SOURCE DATA Block Start

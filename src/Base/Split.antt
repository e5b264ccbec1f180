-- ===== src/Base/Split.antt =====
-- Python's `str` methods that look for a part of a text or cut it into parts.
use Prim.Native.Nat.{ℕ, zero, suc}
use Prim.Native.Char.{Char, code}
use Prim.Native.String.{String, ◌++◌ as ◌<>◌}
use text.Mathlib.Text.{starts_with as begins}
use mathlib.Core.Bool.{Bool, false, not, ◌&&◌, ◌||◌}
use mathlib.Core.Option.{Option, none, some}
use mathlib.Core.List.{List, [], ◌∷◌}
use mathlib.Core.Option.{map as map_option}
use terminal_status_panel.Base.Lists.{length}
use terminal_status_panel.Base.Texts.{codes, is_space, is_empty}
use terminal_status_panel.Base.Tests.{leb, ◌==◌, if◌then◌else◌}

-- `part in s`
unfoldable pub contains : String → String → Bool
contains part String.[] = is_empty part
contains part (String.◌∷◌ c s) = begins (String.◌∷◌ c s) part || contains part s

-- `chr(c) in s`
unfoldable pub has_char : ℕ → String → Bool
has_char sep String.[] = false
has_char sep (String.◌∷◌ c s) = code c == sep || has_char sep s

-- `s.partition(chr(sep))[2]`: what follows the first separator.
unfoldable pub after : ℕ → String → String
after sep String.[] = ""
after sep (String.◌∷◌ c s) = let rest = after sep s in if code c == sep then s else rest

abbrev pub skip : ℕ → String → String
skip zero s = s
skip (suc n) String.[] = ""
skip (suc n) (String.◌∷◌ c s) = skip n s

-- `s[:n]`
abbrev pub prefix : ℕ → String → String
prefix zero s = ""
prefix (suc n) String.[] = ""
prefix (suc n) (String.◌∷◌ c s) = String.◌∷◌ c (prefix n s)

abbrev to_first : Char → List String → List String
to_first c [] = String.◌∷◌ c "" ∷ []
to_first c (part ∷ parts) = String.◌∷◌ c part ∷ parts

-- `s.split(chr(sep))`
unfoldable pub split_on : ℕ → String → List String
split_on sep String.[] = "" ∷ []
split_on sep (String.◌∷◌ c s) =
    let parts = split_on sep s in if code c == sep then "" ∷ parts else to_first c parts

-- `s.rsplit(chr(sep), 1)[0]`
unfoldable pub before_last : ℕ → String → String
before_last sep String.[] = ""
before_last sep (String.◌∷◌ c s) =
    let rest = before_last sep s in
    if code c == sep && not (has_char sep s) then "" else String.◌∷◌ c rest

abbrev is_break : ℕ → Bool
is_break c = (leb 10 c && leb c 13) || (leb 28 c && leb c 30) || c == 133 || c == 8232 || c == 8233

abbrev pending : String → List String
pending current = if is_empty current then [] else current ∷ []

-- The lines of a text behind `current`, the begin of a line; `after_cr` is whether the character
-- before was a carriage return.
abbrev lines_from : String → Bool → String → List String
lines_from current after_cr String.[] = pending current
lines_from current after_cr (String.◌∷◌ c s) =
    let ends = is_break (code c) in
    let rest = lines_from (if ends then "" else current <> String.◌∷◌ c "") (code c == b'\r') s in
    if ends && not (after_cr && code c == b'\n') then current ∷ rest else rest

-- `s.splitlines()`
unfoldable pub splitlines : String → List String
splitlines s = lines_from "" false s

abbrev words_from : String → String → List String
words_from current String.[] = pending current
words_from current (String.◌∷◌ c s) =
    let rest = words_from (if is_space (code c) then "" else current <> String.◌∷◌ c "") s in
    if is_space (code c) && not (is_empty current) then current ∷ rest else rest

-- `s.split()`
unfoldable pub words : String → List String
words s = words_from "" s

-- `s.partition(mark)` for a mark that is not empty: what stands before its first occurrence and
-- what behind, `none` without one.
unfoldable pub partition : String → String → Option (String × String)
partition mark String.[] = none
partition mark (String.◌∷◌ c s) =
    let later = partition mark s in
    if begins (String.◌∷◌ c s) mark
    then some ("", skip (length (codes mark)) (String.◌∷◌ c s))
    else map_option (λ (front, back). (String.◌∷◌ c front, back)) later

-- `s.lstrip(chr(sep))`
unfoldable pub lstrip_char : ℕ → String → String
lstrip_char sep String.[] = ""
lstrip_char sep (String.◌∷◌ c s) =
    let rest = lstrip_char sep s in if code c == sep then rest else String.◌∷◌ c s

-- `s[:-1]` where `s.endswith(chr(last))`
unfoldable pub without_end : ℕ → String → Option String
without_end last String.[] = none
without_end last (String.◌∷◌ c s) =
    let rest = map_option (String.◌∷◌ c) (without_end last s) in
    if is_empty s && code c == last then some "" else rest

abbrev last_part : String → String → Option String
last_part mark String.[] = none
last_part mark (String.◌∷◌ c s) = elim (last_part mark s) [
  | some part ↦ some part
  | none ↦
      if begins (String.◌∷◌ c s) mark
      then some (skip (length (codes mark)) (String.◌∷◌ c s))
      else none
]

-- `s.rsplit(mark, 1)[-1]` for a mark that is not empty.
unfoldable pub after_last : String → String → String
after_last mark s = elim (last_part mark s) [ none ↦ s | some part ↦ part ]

SOURCE DATA Block End
SOURCE DATA Block Start

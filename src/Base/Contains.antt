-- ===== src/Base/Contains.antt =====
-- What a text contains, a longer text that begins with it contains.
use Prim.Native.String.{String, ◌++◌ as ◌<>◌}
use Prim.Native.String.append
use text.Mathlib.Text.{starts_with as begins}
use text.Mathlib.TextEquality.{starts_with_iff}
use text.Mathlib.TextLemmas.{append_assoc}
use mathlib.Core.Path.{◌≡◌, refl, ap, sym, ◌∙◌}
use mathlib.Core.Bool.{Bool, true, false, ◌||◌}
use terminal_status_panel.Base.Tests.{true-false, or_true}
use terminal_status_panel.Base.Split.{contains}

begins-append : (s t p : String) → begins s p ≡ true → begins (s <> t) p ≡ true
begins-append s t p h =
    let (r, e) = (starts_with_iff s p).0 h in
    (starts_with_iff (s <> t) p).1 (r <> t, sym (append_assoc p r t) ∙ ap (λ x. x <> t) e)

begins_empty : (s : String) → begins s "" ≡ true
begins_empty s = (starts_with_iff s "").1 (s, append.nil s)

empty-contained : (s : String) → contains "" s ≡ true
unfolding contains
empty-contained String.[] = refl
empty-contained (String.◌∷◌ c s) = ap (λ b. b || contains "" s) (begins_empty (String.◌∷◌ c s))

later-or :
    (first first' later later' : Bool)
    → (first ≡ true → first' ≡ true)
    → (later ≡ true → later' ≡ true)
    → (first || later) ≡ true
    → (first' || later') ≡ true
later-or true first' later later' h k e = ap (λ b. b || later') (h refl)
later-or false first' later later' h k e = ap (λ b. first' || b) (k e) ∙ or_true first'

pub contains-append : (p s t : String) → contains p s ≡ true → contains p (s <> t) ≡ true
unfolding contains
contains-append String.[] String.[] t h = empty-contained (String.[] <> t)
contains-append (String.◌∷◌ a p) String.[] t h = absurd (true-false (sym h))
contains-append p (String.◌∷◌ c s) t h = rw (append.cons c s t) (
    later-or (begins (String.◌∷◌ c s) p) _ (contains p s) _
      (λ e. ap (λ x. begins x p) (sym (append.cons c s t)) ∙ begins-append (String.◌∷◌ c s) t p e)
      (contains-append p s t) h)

SOURCE DATA Block End

» TASK DETAILS: Each line carrying the string "that" should be copied out from the entries.

» SOLUTION FOR THIS TASK:
-- Python's `str` methods that look for a part of a text or cut it into parts.
-- `s.partition(mark)` for a mark that is not empty: what stands before its first occurrence and
-- `s.rsplit(mark, 1)[-1]` for a mark that is not empty.
-- What a text contains, a longer text that begins with it contains.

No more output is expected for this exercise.